Today, we’ll tell you how we used this approach to solve a complex robotics task requiring dexterous manipulation: training a simulated robot arm to grasp an object and stack it on another one. A similar task was recently studied by DeepMind, getting excellent results [1]. We applied our decompositional approach, improving training efficiency and flexibility. Here is a video of the end result:

Previous Work

A recent paper by DeepMind [1] described a similar grasping and stacking task, and solved it with two main contributions. First, by carefully crafting reward functions, they could teach an AI to learn how to correctly sequence the sub-tasks needed to solve the complete problem. Solving the problem with this approach required about 10 million interactions with the simulator. Secondly, they showed that if key subtasks were learned separately (each took on the order of 1 million interactions with the simulator), and traces from executing these subtasks were used to prime learning the full task, it was possible to learn the full task in about 1 million interactions with the simulator, thus achieving a 10x speed up over the baseline which did not use subtasks.

Our approach has its precursors in the Options Framework by Sutton et al. [5]. More recently.

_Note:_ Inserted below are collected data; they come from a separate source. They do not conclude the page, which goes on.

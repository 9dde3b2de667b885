-- ===== src/Journal/Recovery.antt =====
-- What the journal says of each job after a crash.
use cosaci.Prelude.{
  Bool, true, ℕ, ◌≡◌, refl, inl, inr, Option, none, some, List, [], ◌∷◌, arith, if◌then◌else◌,
  nat_key, nat_beq, nat_beq_iff, Option-cases,
}
use cosaci.Map.{Map, get, get-insert, HasDistinctKeys, insert-HasDistinctKeys}
use cosaci.Journal.{
  JournalEntry, job_submitted, committee_selected, attestation_received, aggregated, anchored,
  JobState, submitted, in_flight, aggregated_not_anchored, anchored_at, JournalState, new,
  or_insert, apply_entry, apply_entries, reconstruct_state,
}

-- The job that an entry is about.
abbrev pub job_of : JournalEntry → ℕ
job_of (job_submitted job_id) = job_id
job_of (committee_selected job_id committee) = job_id
job_of (attestation_received job_id runner_id) = job_id
job_of (aggregated job_id outcome artifact_hex) = job_id
job_of (anchored job_id position) = job_id

-- The life of one job: an attestation is news only of a job that is not known.
abbrev pub advance : Option JobState → JournalEntry → Option JobState
advance state (job_submitted job_id) = some submitted
advance state (committee_selected job_id committee) = some in_flight
advance none (attestation_received job_id runner_id) = some in_flight
advance (some state) (attestation_received job_id runner_id) = some state
advance state (aggregated job_id outcome artifact_hex) =
    some (aggregated_not_anchored outcome artifact_hex)
advance state (anchored job_id position) = some (anchored_at position)

abbrev pub life : ℕ → Option JobState → List JournalEntry → Option JobState
life job state [] = state
life job state (entry ∷ entries) =
    life job (if nat_beq (job_of entry) job then advance state entry else state) entries

get-apply_entry :
    (job : ℕ) (s : JournalState) (entry : JournalEntry)
    → get job (apply_entry s entry).jobs
      ≡ (if nat_beq (job_of entry) job then advance (get job s.jobs) entry else get job s.jobs)
unfolding apply_entry or_insert
get-apply_entry job s (job_submitted job_id) = get-insert job_id job submitted s.jobs
get-apply_entry job s (committee_selected job_id committee) = get-insert job_id job in_flight s.jobs
get-apply_entry job s (attestation_received job_id runner_id) =
    elim (Option-cases (get job_id s.jobs)) [
      | inl e ↦ ground (arith, get-insert job_id job in_flight s.jobs, nat_beq_iff job_id job)
      | inr (state, e) ↦ ground (arith, nat_beq_iff job_id job)
    ]
get-apply_entry job s (aggregated job_id outcome artifact_hex) =
    get-insert job_id job (aggregated_not_anchored outcome artifact_hex) s.jobs
get-apply_entry job s (anchored job_id position) =
    get-insert job_id job (anchored_at position) s.jobs

get-apply_entries :
    (job : ℕ) (s : JournalState) (entries : List JournalEntry)
    → get job (apply_entries s entries).jobs ≡ life job (get job s.jobs) entries
unfolding apply_entries
get-apply_entries job s [] = refl
get-apply_entries job s (entry ∷ entries) =
    rw (get-apply_entries job (apply_entry s entry) entries, get-apply_entry job s entry) refl

-- A job's state after a crash is the end of its own life in the journal: entries of other jobs,
-- however they are mixed with its own, do not touch it.
pub reconstruct_state-life :
    (job : ℕ) (entries : List JournalEntry)
    → get job (reconstruct_state entries).jobs ≡ life job none entries
unfolding reconstruct_state new get
reconstruct_state-life job entries = get-apply_entries job new entries

apply_entry-HasDistinctKeys :
    (s : JournalState) (entry : JournalEntry)
    → HasDistinctKeys s.jobs
    → HasDistinctKeys (apply_entry s entry).jobs
unfolding apply_entry or_insert
apply_entry-HasDistinctKeys s (job_submitted job_id) d =
    insert-HasDistinctKeys job_id submitted s.jobs d
apply_entry-HasDistinctKeys s (committee_selected job_id committee) d =
    insert-HasDistinctKeys job_id in_flight s.jobs d
apply_entry-HasDistinctKeys s (attestation_received job_id runner_id) d =
    elim (Option-cases (get job_id s.jobs)) [
      | inl e ↦ ground (arith, insert-HasDistinctKeys job_id in_flight s.jobs d)
      | inr (state, e) ↦ ground arith
    ]
apply_entry-HasDistinctKeys s (aggregated job_id outcome artifact_hex) d =
    insert-HasDistinctKeys job_id (aggregated_not_anchored outcome artifact_hex) s.jobs d
apply_entry-HasDistinctKeys s (anchored job_id position) d =
    insert-HasDistinctKeys job_id (anchored_at position) s.jobs d

apply_entries-HasDistinctKeys :
    (s : JournalState) (entries : List JournalEntry)
    → HasDistinctKeys s.jobs
    → HasDistinctKeys (apply_entries s entries).jobs
unfolding apply_entries
apply_entries-HasDistinctKeys s [] d = d
apply_entries-HasDistinctKeys s (entry ∷ entries) d =
    apply_entries-HasDistinctKeys (apply_entry s entry) entries
      (apply_entry-HasDistinctKeys s entry d)

pub reconstruct_state-HasDistinctKeys :
    (entries : List JournalEntry) → HasDistinctKeys (reconstruct_state entries).jobs
unfolding reconstruct_state new
reconstruct_state-HasDistinctKeys entries = apply_entries-HasDistinctKeys new entries tt

-- The job is in the journal's state, in a state of a kind.
abbrev pub IsKind : (JobState → Bool) → ℕ → Map ℕ JobState → Type 0
IsKind kind job jobs = (state : JobState) × (get job jobs ≡ some state) × (kind state ≡ true)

T. D. Kulkarni et al. has shown how a similar approach using deep hierarchical reinforcement learning could be used to learn complex sequences [2]. The main difference from our approach is that the meta-controller is learned at the same time as the basic controllers (sub-tasks) and there are no constraints on when to use each basic controller.

Our Approach

The robotics task starts with a Kinova Jaco arm at a neutral position in a MuJoCo robotics simulator, and then moves the arm to a work area to grasp a four-sided geometric prism. Once the prism has been grasped, the arm moves the prism to an adjacent work area to stack the prism on top of a cube. The position and orientation of the prism and the cube can vary around the center point of their their respective working areas.

We decompose the task into five subconcepts — reach the object, orient the hand for grasping it, grasp it, move to the object for stacking it, and stack it on top of a block. We solve each separately, and learn a meta-controller — or selector — concept to combine them into a complete solution.

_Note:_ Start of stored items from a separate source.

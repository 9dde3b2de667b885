-- ===== src/Journal/Examples.antt =====
-- Runs of the journal, and the theorems at concrete inputs.
use cosaci.Prelude.{◌≡◌, refl, List, [], ◌∷◌, nat_key}
use cosaci.Map.{get, insert}
use cosaci.Journal.{
  JournalOutcome, JournalEntry, job_submitted, committee_selected, attestation_received, aggregated,
  anchored, reconstruct_state, apply_entries, apply_entry, new, or_insert, jobs_where,
  pending_re_anchor, pending_re_run, anchored_jobs,
}

-- Job 1 was anchored, job 2 counted, and job 3 had only started when the coordinator stopped.
abbrev entries : List JournalEntry
entries =
    job_submitted 1
    ∷ job_submitted 2
    ∷ committee_selected 1 (4 ∷ 5 ∷ [])
    ∷ committee_selected 2 (5 ∷ 6 ∷ [])
    ∷ attestation_received 1 4
    ∷ aggregated 1 JournalOutcome.pass "aa"
    ∷ aggregated 2 JournalOutcome.fail "bb"
    ∷ attestation_received 2 6
    ∷ anchored 1 9
    ∷ job_submitted 3
    ∷ []

re_anchors : pending_re_anchor (reconstruct_state entries) ≡ 2 ∷ []
unfolding pending_re_anchor reconstruct_state apply_entries apply_entry new or_insert jobs_where get
    insert
re_anchors = refl

re_runs : pending_re_run (reconstruct_state entries) ≡ 3 ∷ []
unfolding pending_re_run reconstruct_state apply_entries apply_entry new or_insert jobs_where get
    insert
re_runs = refl

completes : anchored_jobs (reconstruct_state entries) ≡ 1 ∷ []
unfolding anchored_jobs reconstruct_state apply_entries apply_entry new or_insert jobs_where get
    insert
completes = refl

‍Figure 2: Concept graph for the Grasping and Stacking task.

Benefits

The hierarchical decomposition gives us several practical benefits:

• Reward functions can be more easily defined. Instead of specifying a complex reward function for the whole task, the system designer can define rewards that are specific to each sub-task. These are usually simpler to define. Once the sub-tasks are ready, the designer can specify a simpler and potentially sparse reward function for selector nodes. This greatly simplifies solving complex problems with reinforcement learning.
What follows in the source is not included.